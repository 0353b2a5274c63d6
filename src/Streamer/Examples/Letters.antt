-- ===== src/Streamer/Examples/Letters.antt =====
-- An upload of malformed messages to a store in memory. A payload is coded in place of Base64 as the
-- bytes in unary, each ended by a comma.
use Prim.Native.Char.{code}
use fps_anticheat_data_platf.Prelude.{
  ℕ, zero, suc, ◌+◌, ◌≡◌, ◌⊎◌, refl, ap, ◌∙◌, String, Option, some, List, [], ◌∷◌, ◌==◌, map, arith,
  if◌then◌else◌,
}
use fps_anticheat_data_platf.Prelude.Int.{pos}
use fps_anticheat_data_platf.Prelude.Result.{Result, ok}
use fps_anticheat_data_platf.Streamer.Domain.{InvalidKafkaMessage}
use fps_anticheat_data_platf.Streamer.Action.{World, put, call}
use fps_anticheat_data_platf.Streamer.Storage.Consistent.{IsConsistent}
use fps_anticheat_data_platf.Streamer.Storage.Objects.{
  MalformedKafkaDlqRecord, malformed_record, upload_malformed_messages,
}
use fps_anticheat_data_platf.Streamer.Storage.DeadLetters.{
  AreCodecs, IsKept, upload_malformed_messages-reads,
}
use fps_anticheat_data_platf.Streamer.Examples.{anything, broken, start, watched}
use fps_anticheat_data_platf.Streamer.Examples.Serving.{native}

ones : ℕ → String → String
ones zero rest = String.◌∷◌ "," rest
ones (suc n) rest = String.◌∷◌ "1" (ones n rest)

unary : List ℕ → String
unfolding ones
unary [] = ""
unary (n ∷ bytes) = ones n (unary bytes)

read_from : ℕ → String → List ℕ
read_from n String.[] = []
read_from n (String.◌∷◌ c s) =
    let byte = n ∷ read_from 0 s in
    let more = read_from (suc n) s in if code c == 44 then byte else more

abbrev read_unary : String → Option (List ℕ)
read_unary s = some (read_from 0 s)

read_from-ones : (k n : ℕ) (rest : String) → read_from k (ones n rest) ≡ (k + n) ∷ read_from 0 rest
unfolding read_from ones
read_from-ones k zero rest = ap (λ m. m ∷ read_from 0 rest) (omega arith)
read_from-ones k (suc n) rest =
    read_from-ones (suc k) n rest ∙ ap (λ m. m ∷ read_from 0 rest) (omega arith)

read_from-unary : (bytes : List ℕ) → read_from 0 (unary bytes) ≡ bytes
unfolding unary read_from
read_from-unary [] = refl
read_from-unary (n ∷ bytes) =
    read_from-ones 0 n (unary bytes)
    ∙ ap (λ m. m ∷ read_from 0 (unary bytes)) (omega arith)
    ∙ ap (λ (l : List ℕ). n ∷ l) (read_from-unary bytes)

abbrev letters : List InvalidKafkaMessage
letters = broken (pos 0) (pos 9) ∷ broken (pos 1) (pos 4) ∷ []

abbrev to_json : List MalformedKafkaDlqRecord → Result String (List ℕ)
to_json records = ok (7 ∷ [])

abbrev from_json : List ℕ → Result String (List MalformedKafkaDlqRecord)
from_json bytes = ok (map (malformed_record unary anything) letters)

letters-AreCodecs : AreCodecs native.store unary anything read_unary to_json from_json letters
letters-AreCodecs = record {
  payload = λ bytes. ap some (read_from-unary bytes);
  json = λ bytes written. refl;
}

abbrev after : World
after = record { log = put "dlq.json" (7 ∷ []) ∷ []; breaker = watched }

letters_upload :
    upload_malformed_messages native.store unary anything to_json "dlq.json" letters start
    ≡ (ok tt, after)
unfolding upload_malformed_messages call
letters_upload = refl

store-IsConsistent : IsConsistent native.store
store-IsConsistent = record { reads = λ log key bytes e. rw e refl }

upload_malformed_messages-reads_example :
    ((letters ≡ []) × (after ≡ start))
    ⊎ IsKept native.store unary anything read_unary to_json from_json "dlq.json" letters start after
upload_malformed_messages-reads_example =
    upload_malformed_messages-reads native.store unary anything read_unary to_json from_json
      "dlq.json" letters start after store-IsConsistent letters-AreCodecs letters_upload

******

### Work instruction
Produce a word-for-word restatement of all the records.

### Reply
repository 0353b2a5274c63d6
filename src/Streamer/Examples/Letters.antt
-- ===== src/Streamer/Examples/Letters.antt =====
-- An upload of malformed messages to a store in memory. A payload is coded in place of Base64 as the
-- bytes in unary, each ended by a comma.
use Prim.Native.Char.{code}
use fps_anticheat_data_platf.Prelude.{
  ℕ, zero, suc, ◌+◌, ◌≡◌, ◌⊎◌, refl, ap, ◌∙◌, String, Option, some, List, [], ◌∷◌, ◌==◌, map, arith,
  if◌then◌else◌,
}
use fps_anticheat_data_platf.Prelude.Int.{pos}
use fps_anticheat_data_platf.Prelude.Result.{Result, ok}
use fps_anticheat_data_platf.Streamer.Domain.{InvalidKafkaMessage}
use fps_anticheat_data_platf.Streamer.Action.{World, put, call}
use fps_anticheat_data_platf.Streamer.Storage.Consistent.{IsConsistent}
use fps_anticheat_data_platf.Streamer.Storage.Objects.{
  MalformedKafkaDlqRecord, malformed_record, upload_malformed_messages,
}
use fps_anticheat_data_platf.Streamer.Storage.DeadLetters.{
  AreCodecs, IsKept, upload_malformed_messages-reads,
}
use fps_anticheat_data_platf.Streamer.Examples.{anything, broken, start, watched}
use fps_anticheat_data_platf.Streamer.Examples.Serving.{native}

ones : ℕ → String → String
ones zero rest = String.◌∷◌ "," rest
ones (suc n) rest = String.◌∷◌ "1" (ones n rest)

unary : List ℕ → String
unfolding ones
unary [] = ""
unary (n ∷ bytes) = ones n (unary bytes)

read_from : ℕ → String → List ℕ
read_from n String.[] = []
read_from n (String.◌∷◌ c s) =
    let byte = n ∷ read_from 0 s in
    let more = read_from (suc n) s in if code c == 44 then byte else more

abbrev read_unary : String → Option (List ℕ)
read_unary s = some (read_from 0 s)

read_from-ones : (k n : ℕ) (rest : String) → read_from k (ones n rest) ≡ (k + n) ∷ read_from 0 rest
unfolding read_from ones
read_from-ones k zero rest = ap (λ m. m ∷ read_from 0 rest) (omega arith)
read_from-ones k (suc n) rest =
    read_from-ones (suc k) n rest ∙ ap (λ m. m ∷ read_from 0 rest) (omega arith)

read_from-unary : (bytes : List ℕ) → read_from 0 (unary bytes) ≡ bytes
unfolding unary read_from
read_from-unary [] = refl
read_from-unary (n ∷ bytes) =
    read_from-ones 0 n (unary bytes)
    ∙ ap (λ m. m ∷ read_from 0 (unary bytes)) (omega arith)
    ∙ ap (λ (l : List ℕ). n ∷ l) (read_from-unary bytes)

abbrev letters : List InvalidKafkaMessage
letters = broken (pos 0) (pos 9) ∷ broken (pos 1) (pos 4) ∷ []

abbrev to_json : List MalformedKafkaDlqRecord → Result String (List ℕ)
to_json records = ok (7 ∷ [])

abbrev from_json : List ℕ → Result String (List MalformedKafkaDlqRecord)
from_json bytes = ok (map (malformed_record unary anything) letters)

letters-AreCodecs : AreCodecs native.store unary anything read_unary to_json from_json letters
letters-AreCodecs = record {
  payload = λ bytes. ap some (read_from-unary bytes);
  json = λ bytes written. refl;
}

abbrev after : World
after = record { log = put "dlq.json" (7 ∷ []) ∷ []; breaker = watched }

letters_upload :
    upload_malformed_messages native.store unary anything to_json "dlq.json" letters start
    ≡ (ok tt, after)
unfolding upload_malformed_messages call
letters_upload = refl

store-IsConsistent : IsConsistent native.store
store-IsConsistent = record { reads = λ log key bytes e. rw e refl }

upload_malformed_messages-reads_example :
    ((letters ≡ []) × (after ≡ start))
    ⊎ IsKept native.store unary anything read_unary to_json from_json "dlq.json" letters start after
upload_malformed_messages-reads_example =
    upload_malformed_messages-reads native.store unary anything read_unary to_json from_json
      "dlq.json" letters start after store-IsConsistent letters-AreCodecs letters_upload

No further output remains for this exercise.